NOTE 9: SUBSEQUENT EVENTS AFTER THE BALANCE SHEET DATE
a. On 21 July 2008, the Company acquired the bank debt of the two properties mentioned in Note 8a. above for a cash consideration of
EUR6.6 million. The face value of the debt is EUR11.6 million resulting in a profit of EUR5 million
Furthermore, the Company signed a new triple net lease for one of the properties. The new lease agreement is for an eight year period
and will contribute average net rental income of EUR300,000 per annum. In addition, the Company will be compensated by the receiver with
approximately EUR360,000 for the collection of a bank guarantee related to the property, and a total of EUR140,000 in cash. The new rental
income, together with the compensation, will be equal to the rental income from this property, prior to the insolvency of the original
tenant.
b. The Company let our vacant areas in Rostock by signing a lease agreement for 2,670 sqm with a governmental health insurance company.
The ten year lease will contribute an average net rental income of EUR507,000 per annum. The basic rent is EUR13.8 per sqm per month with
additional annual charges to the tenant of 3% fixed indexation and 8% for facility management. The required investment is approximately EUR1
million. The average rent per sqm per month of this property prior to the new lease was EUR8.3.

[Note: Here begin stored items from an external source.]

-- ===== src/Engine/Records.antt =====
-- The records of the analysis engine: its summaries, its buckets and categories with the order of
-- their keys, and the index of its caches (crates/protocol/src/lib.rs).
use android_ebpf_studio.Prelude.{ℕ, ◌+◌, ◌*◌, ◌<◌, ◌≡◌, Option, none, List, [], arith}
use android_ebpf_studio.Events.Block.{Text, IoOperation, AccessPattern, IoSizeClass}
use android_ebpf_studio.Events.Node.{IoNodeKind, kind_rank, kind_rank_differ, EdgeConfidence}
use android_ebpf_studio.Histogram.{Histogram, latency_histogram}
use android_ebpf_studio.Engine.Ordered.{Ranked}

pub record AttributionSummary : Type 0 where
  pub exact : ℕ
  pub probable : ℕ
  pub probable_async : ℕ
  pub unattributed : ℕ
  pub multi_origin : ℕ

abbrev pub no_attribution : AttributionSummary
no_attribution = record {
  exact = 0;
  probable = 0;
  probable_async = 0;
  unattributed = 0;
  multi_origin = 0;
}

pub record SlowReason : Type 0 where
  pub node_kind : IoNodeKind
  pub stage : Text
  pub selected_ns : ℕ
  pub cohort_median_ns : ℕ
  pub delta_ns : ℕ
  pub confidence : EdgeConfidence
  pub cohort_samples : ℕ

pub record CategorySummary : Type 0 where
  pub operation : IoOperation
  pub access_pattern : AccessPattern
  pub size_class : IoSizeClass
  pub completed_ios : ℕ
  pub bytes : ℕ
  pub average_chunk_bytes : ℕ
  pub p50_latency_ns : Option ℕ
  pub p95_latency_ns : Option ℕ
  pub p99_latency_ns : Option ℕ

pub record AnalysisSummary : Type 0 where
  pub issued_ios : ℕ
  pub completed_ios : ℕ
  pub uncorrelated_completions : ℕ
  pub read_bytes : ℕ
  pub write_bytes : ℕ
  pub other_bytes : ℕ
  pub sequential_ios : ℕ
  pub random_ios : ℕ
  pub small_ios : ℕ
  pub large_ios : ℕ
  pub max_queue_depth : Option ℕ
  pub measured_queue_depth_ios : ℕ
  pub unmeasured_latency_ios : ℕ
  pub unplaced_time_ios : ℕ
  pub p50_latency_ns : Option ℕ
  pub p95_latency_ns : Option ℕ
  pub p99_latency_ns : Option ℕ
  pub logging_ns : Option ℕ
  pub busy_ns : Option ℕ
  pub idle_ns : Option ℕ
  pub file_ios : ℕ
  pub attributed_file_ios : ℕ
  pub attribution : AttributionSummary
  pub category_summaries : List CategorySummary

-- `AnalysisSummary::default()`
abbrev pub no_summary : AnalysisSummary
no_summary = record {
  issued_ios = 0;
  completed_ios = 0;
  uncorrelated_completions = 0;
  read_bytes = 0;
  write_bytes = 0;
  other_bytes = 0;
  sequential_ios = 0;
  random_ios = 0;
  small_ios = 0;
  large_ios = 0;
  max_queue_depth = none;
  measured_queue_depth_ios = 0;
  unmeasured_latency_ios = 0;
  unplaced_time_ios = 0;
  p50_latency_ns = none;
  p95_latency_ns = none;
  p99_latency_ns = none;
  logging_ns = none;
  busy_ns = none;
  idle_ns = none;
  file_ios = 0;
  attributed_file_ios = 0;
  attribution = no_attribution;
  category_summaries = [];
}

pub record MutableBucket : Type 0 where
  pub completed_ios : ℕ
  pub bytes : ℕ
  pub latency_sum_ns : ℕ
  pub latency_samples : ℕ
  pub max_queue_depth : Option ℕ

abbrev pub no_bucket : MutableBucket
no_bucket = record {
  completed_ios = 0;
  bytes = 0;
  latency_sum_ns = 0;
  latency_samples = 0;
  max_queue_depth = none;
}

pub record MutableCategory : Type 0 where
  pub completed_ios : ℕ
  pub bytes : ℕ
  pub latencies : List ℕ
  pub histogram : Histogram

abbrev pub no_category : MutableCategory
no_category = record { completed_ios = 0; bytes = 0; latencies = []; histogram = latency_histogram }

instance abbrev pub second_ranked : Ranked ℕ
second_ranked = record { key_rank = λ n. n; ranks_differ = λ j k h. h }

instance abbrev pub kind_ranked : Ranked IoNodeKind
kind_ranked = record { key_rank = kind_rank; ranks_differ = kind_rank_differ }

pub record CategoryKey : Type 0 where
  pub operation : IoOperation
  pub access_pattern : AccessPattern
  pub size_class : IoSizeClass

abbrev operation_rank : IoOperation → ℕ
operation_rank IoOperation.read = 0
operation_rank IoOperation.write = 1
operation_rank IoOperation.flush = 2
operation_rank IoOperation.discard = 3
operation_rank IoOperation.other = 4

abbrev pattern_rank : AccessPattern → ℕ
pattern_rank AccessPattern.unknown = 0
pattern_rank AccessPattern.sequential = 1
pattern_rank AccessPattern.random = 2

abbrev size_rank : IoSizeClass → ℕ
size_rank IoSizeClass.small = 0
size_rank IoSizeClass.large = 1

-- The derived order of the triples, in the order of the declarations.
abbrev category_rank : CategoryKey → ℕ
category_rank k =
    operation_rank k.operation * 6 + pattern_rank k.access_pattern * 2 + size_rank k.size_class

operation_rank_differ : (a b : IoOperation) → operation_rank a ≡ operation_rank b → a ≡ b
operation_rank_differ a b h = ground arith

pattern_rank_differ : (a b : AccessPattern) → pattern_rank a ≡ pattern_rank b → a ≡ b
pattern_rank_differ a b h = ground arith

size_rank_differ : (a b : IoSizeClass) → size_rank a ≡ size_rank b → a ≡ b
size_rank_differ a b h = ground arith

pattern_rank-lt : (a : AccessPattern) → pattern_rank a < 3
pattern_rank-lt a = ground arith

size_rank-lt : (a : IoSizeClass) → size_rank a < 2
size_rank-lt a = ground arith

pub category_rank_differ : (j k : CategoryKey) → category_rank j ≡ category_rank k → j ≡ k
category_rank_differ j k h =
    let p = pattern_rank-lt j.access_pattern in
    let q = pattern_rank-lt k.access_pattern in
    let s = size_rank-lt j.size_class in
    let t = size_rank-lt k.size_class in
    let a = operation_rank_differ j.operation k.operation (omega arith) in
    let b = pattern_rank_differ j.access_pattern k.access_pattern (omega arith) in
    let c = size_rank_differ j.size_class k.size_class (omega arith) in cc

instance abbrev pub category_ranked : Ranked CategoryKey
category_ranked = record { key_rank = category_rank; ranks_differ = category_rank_differ }

-- The positions of files, observations, nodes and edges under the keys that a lookup asks for.
pub record AnalysisIndex : Type 0 where
  pub files_by_pid_time : List ((ℕ × ℕ) × List ℕ)
  pub files_by_tid_time : List ((ℕ × ℕ) × List ℕ)
  pub files_by_identity : List (((ℕ × ℕ) × ℕ) × List ℕ)
  pub long_files : List ℕ
  pub observations_by_request : List (ℕ × List ℕ)
  pub observations_by_pid_time : List ((ℕ × ℕ) × List ℕ)
  pub observations_by_sector_time : List ((ℕ × ℕ) × List ℕ)
  pub context_observations_by_time : List (ℕ × List ℕ)
  pub long_observations : List ℕ
  pub nodes_by_transaction : List (ℕ × List ℕ)
  pub edges_by_transaction : List (ℕ × List ℕ)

Furthermore, the Company has leased an additional 9,000 sqm in its Osram Hofe property in Berlin. The new lease agreement with the
Berlin State hospital is for an average term of 6.5 years for approximately EUR1.1 million per annum, of which EUR0.9 million is net rental
income and EUR0.2 million is derived from a saving of void costs.
The basic rent is EUR8.5 per sqm per month with additional annual charges to the tenant for indexation and facility management. The
required investment in adjusting the property for the tenant's use is marginal. The average rent per sqm per month of this property prior to
the new lease was EUR6.3.
Together with additional lettings in this property, total vacancy has been reduced from 30,000 sqm to 17,000 sqm, which represent 28%
vacancy compared to a 50% rate when the Company acquired this property as part of the Deutsche RE portfolio. The result is a 65% increase of
the original net operating income attributed to this property.
NOTE 10:
A copy of this statement was sent to all Shareholders on the share register as at 23 September 2008. Further copies are available from
the Company's registered office or can be downloaded from the Company's website: http://www.summitgermany.co.uk
NOTE 11:
The half-yearly results were approved at a meeting of the Board of Directors held on 22 September 2008.